My research focuses on grassroots agency and what I call “everyday politics.” I am interested in how very marginalized groups of people like indigenous peasants, deportees, and undocumented immigrants struggle for rights and resources, against the odds. I look at how these groups make sense of the systems that oppress them. I also ask what conditions and kinds of support help them fight back. I am deeply concerned with gender, so I also study how ideas about gender get used as instruments of control – and of resistance. Most of my scholarship focuses on Mexico and Mexican migrants to the United States. In particular, I have worked in Oaxaca, Mexico and with Oaxacan migrants since 2004.
I grew up in a suburb of Boston, which was predominantly white and far from Latin America, both geographically and socially. But I was concerned about social justice from a young age. My dad used to tell me stories of participating in anti-Vietnam War protests, and both my parents are active in local politics, even in their late 60s. As a high school student in the 1990s, I spent two summers living in remote villages in rural Latin America, through Amigos de las Americas. The experience inspired me to think critically about where I had come from and to keep learning more. I have since lived and worked in Colombia, Brazil, Peru, Ecuador, Honduras, the Dominican Republic, and especially Mexico. Through these experiences, I also became fluent in Spanish.
My earliest research in college and graduate school was about the Zapatista Movement, a group of indigenous activists in Southern Mexico fighting to defend peasants from the harms of globalization. In the 1990s, after the fall of the Berlin Wall, the Zapatistas became an important face of the global Left. I was inspired by their message, but I was also concerned about the power dynamics between the Zapatistas and their outside supporters. I began to study the relationships between members of this movement and their sympathizers from foreign NGOs. I showed that the Zapatistas were able to demand “downward accountability” from some outside groups by creating circles of supporters whose legitimacy hinged on meeting their demands. Between college and graduate school, I also worked for two years on women’s health programs in rural Oaxaca.

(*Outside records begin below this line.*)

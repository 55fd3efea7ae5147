-- ===== src/Net/Delivery.antt =====
-- rsm/net.py: which messages `tick` hands over, in which order, and that what `send` promises to
-- deliver is delivered.
use replicated_state_machine.Prelude.{
  In-append_left, In-append_right, ℕ, zero, suc, ◌+◌, ◌≤◌, ◌<◌, ◌≡◌, refl, sym, ap, subst, Bool,
  true, List, [], ◌∷◌, map, In, leb, ltb, arith, Bool-cases, inl, inr,
}
use replicated_state_machine.Errors.{ok}
use replicated_state_machine.Rpc.{Message}
use replicated_state_machine.Node.State.{InRange}
use replicated_state_machine.Net.{
  InFlight, Network, send, tick, landed_by, flying_at, put, sort, message_of, fly, count_sent,
}
use replicated_state_machine.Net.Kept.{Made, Made-IsNetwork, sort-landed, send_outcome}

-- In every network that can be made, `tick` hands over exactly the messages that are due, in the
-- order in which they were sent.
pub tick_in_order :
    {arriving lost : List Message} {n : Network}
    → Made arriving lost n
    → (tick n).1 ≡ map message_of (landed_by (n.now + 1) n.flight)
unfolding tick
tick_in_order {n = n} r =
    ap (map message_of) (sort-landed (n.now + 1) n.flight (Made-IsNetwork r).in_order)

module _ (one : InFlight) where
  In-landed :
      (now : ℕ) (fl : List InFlight) → one.due_at ≤ now → In one fl → In one (landed_by now fl)
  In-landed now [] due h = elim h [ ]
  In-landed now (two ∷ fl) due (inl e) =
      let d : leb two.due_at now ≡ true =
        subst (λ (t : InFlight). leb t.due_at now ≡ true) e (ground arith) in
      rw d (inl e)
  In-landed now (two ∷ fl) due (inr h) =
      let rest = In-landed now fl due h in
      elim (Bool-cases (leb two.due_at now)) [ inl d ↦ rw d (inr rest) | inr d ↦ rw d rest ]

  In-flying :
      (now : ℕ) (fl : List InFlight) → now < one.due_at → In one fl → In one (flying_at now fl)
  In-flying now [] due h = elim h [ ]
  In-flying now (two ∷ fl) due (inl e) =
      let d : ltb now two.due_at ≡ true =
        subst (λ (t : InFlight). ltb now t.due_at ≡ true) e (ground arith) in
      rw d (inl e)
  In-flying now (two ∷ fl) due (inr h) =
      let rest = In-flying now fl due h in
      elim (Bool-cases (ltb now two.due_at)) [ inl d ↦ rw d (inr rest) | inr d ↦ rw d rest ]

  In-put_self : (fl : List InFlight) → In one (put one fl)
  In-put_self [] = inl refl
  In-put_self (two ∷ fl) =
      let rest = In-put_self fl in
      elim (Bool-cases (leb one.sequence two.sequence)) [
        | inl d ↦ rw d (inl refl)
        | inr d ↦ rw d (inr rest)
      ]

  In-put : (two : InFlight) (fl : List InFlight) → In one fl → In one (put two fl)
  In-put two [] h = elim h [ ]
  In-put two (three ∷ fl) h = elim (Bool-cases (leb two.sequence three.sequence)) [
    | inl d ↦ rw d (inr h)
    | inr d ↦ elim h [
      | inl e ↦ rw d (inl e)
      | inr k ↦ let rest = In-put two fl k in rw d (inr rest)
    ]
  ]

  In-sort : (fl : List InFlight) → In one fl → In one (sort fl)
  In-sort [] h = h
  In-sort (two ∷ fl) (inl e) = subst (λ t. In one (put t (sort fl))) e (In-put_self (sort fl))
  In-sort (two ∷ fl) (inr h) = In-put two (sort fl) (In-sort fl h)

  In-message : (fl : List InFlight) → In one fl → In one.message (map message_of fl)
  In-message [] h = elim h [ ]
  In-message (two ∷ fl) (inl e) = inl (ap message_of e)
  In-message (two ∷ fl) (inr h) = inr (In-message fl h)

abbrev pub ticks : ℕ → Network → Network
ticks zero n = n
ticks (suc k) n = ticks k (tick n).0

ticks-delivered :
    (m : Message) (k : ℕ) (n : Network) → In m n.delivered → In m (ticks k n).delivered
unfolding tick
ticks-delivered m zero n h = h
ticks-delivered m (suc k) n h = ticks-delivered m k (tick n).0 (In-append_left m n.delivered _ h)

-- A message in flight lands when it is due.
ticks-lands :
    (one : InFlight) (k : ℕ) (n : Network)
    → In one n.flight
    → n.now < one.due_at
    → one.due_at ≤ n.now + k
    → In one.message (ticks k n).delivered
unfolding tick
ticks-lands one zero n h early due = absurd (omega arith)
ticks-lands one (suc k) n h early due = elim (Bool-cases (leb one.due_at (n.now + 1))) [
  | inl now ↦
      let landed =
        In-sort one (landed_by (n.now + 1) n.flight)
          (In-landed one (n.now + 1) n.flight (ground arith) h) in
      ticks-delivered one.message k (tick n).0
        (In-append_right one.message n.delivered _ (In-message one _ landed))
  | inr not_now ↦
      ticks-lands one k (tick n).0 (In-flying one (n.now + 1) n.flight (ground arith) h)
        (ground arith) (omega arith)
]

-- A message for which `send` answers that it will arrive is delivered within `max_delay` ticks, if
-- `randint` keeps to its bounds and these are those of a network that was made.
pub sent_arrives :
    (n : Network) (m : Message) {n' : Network}
    → InRange n.random
    → 1 ≤ n.conditions.min_delay
    → n.conditions.min_delay ≤ n.conditions.max_delay
    → send n m ≡ ok (n', true)
    → In m (ticks n.conditions.max_delay n').delivered
sent_arrives n m range least spread q = elim (send_outcome n m q) [
  | inl e ↦ absurd (cc)
  | inr (inl e) ↦ absurd (cc)
  | inr (inr e) ↦
      let (lo, hi) = range (n.drawn + 1) n.conditions.min_delay n.conditions.max_delay spread in
      let landed =
        ticks-lands
          (record {
            message = m;
            sent_at = n.now;
            due_at = n.now + n.random (n.drawn + 1) n.conditions.min_delay n.conditions.max_delay;
            sequence = n.sequence + 1;
          })
          n.conditions.max_delay (fly (count_sent n m) m) (In-append_right _ n.flight _ (inl refl))
          (omega (arith, lo, least)) (omega (arith, hi)) in
      subst (λ (o : Network × Bool). In m (ticks n.conditions.max_delay o.0).delivered) (sym e)
        landed
]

My book, Undocumented Politics (California, 2018) began as my doctoral dissertation. The book focuses on how undocumented, Oaxacan migrant communities confront a process of globalization in which they are economically marginalized and politically excluded. I look at these politics both in the United States and on the Mexican side. In contrast to many studies of transnational migrants, I juxtapose two, distinct groups and processes of migration. The comparison enables me to show how migrant communities develop different attitudes about exclusion and take different actions to fight it. I find that local, city-level power dynamics shape people’s ideas about where they belong – as well as their chances to act. In the face of global pressures, inclusive local treatment gives migrant communities a leg up. Even before migrants leave Mexico, communal governance in their hometowns can help them access better opportunities. Likewise, when migrants live in US cities that offer them services and some form of protection, they feel hopeful and begin fighting to prove they should stay in the United States. By contrast, when US cities subject migrants to arbitrary deportation and uncertainty, they feel hostile and alienated. Yet migrants are also creative. Some of them connect to their counterparts in Mexico for a sense of relief, building movements for alternative globalization – or what they call a “right not to migrate.” Migration also weighs heavily on hometown politics. Yet to understand the relationship between migration and so-called “development,” we have to look closely at migrants’ pathways – or histories. Hometown demands of the Mexican state look very different depending on the treatment their migrants face in the United States. In short, resistance is a process: built in the interplay between the places migrants go and the places they leave behind.
Throughout my research, I pay a lot of attention to gender. I am interested in how states use ideas about gender to reinforce power inequalities. I also draw attention to the ways grassroots groups transform gender relationships as they confront unfair conditions, in what I call “gendered jiu jitsu.” I share this institutional and political focus with a group of brilliant feminist scholars I met at Berkeley, many of whom helped write a theoretical handbook I co-edited, called A Social Life of Gender (Sage, 2018). I also co-run the Gender and Power Network, a group of cutting-edge sociologists of gender working to theorize the contemporary complexities of gender, the state, and power.
My current research explores both the broad and the everyday politics of deportation. Together with Fatima Khayar Camara, a PhD candidate at UCSD, I am examining the conditions that enable deportees to re-engage politically with Mexico and/or to continue fighting for inclusion in the United States. As part of this project, we also look at how deportees get channeled into even cheaper labor in Mexico than in the US, and at how the fragmentation of deportees’ families shapes their politics. Through the Mexican Migration Field Research Program, we are also working with a team of undergraduate researchers to do surveys and interviews at shelters in Tijuana which house deportees. Now that I live at the border in San Diego, “global” inequalities between the US and Mexico are just outside my door. I have two young children, and I hope that as they grow up they will learn firsthand about the inequities I encountered when I first went to Latin America.
In all of my work, my goal is to identify on-the-ground ways to help excluded groups build more dignified, equitable lives. I hope to reveal how the actions of people of privilege reinforce or alleviate inequalities, and to highlight ways that regular people can work at the local level to encourage social change.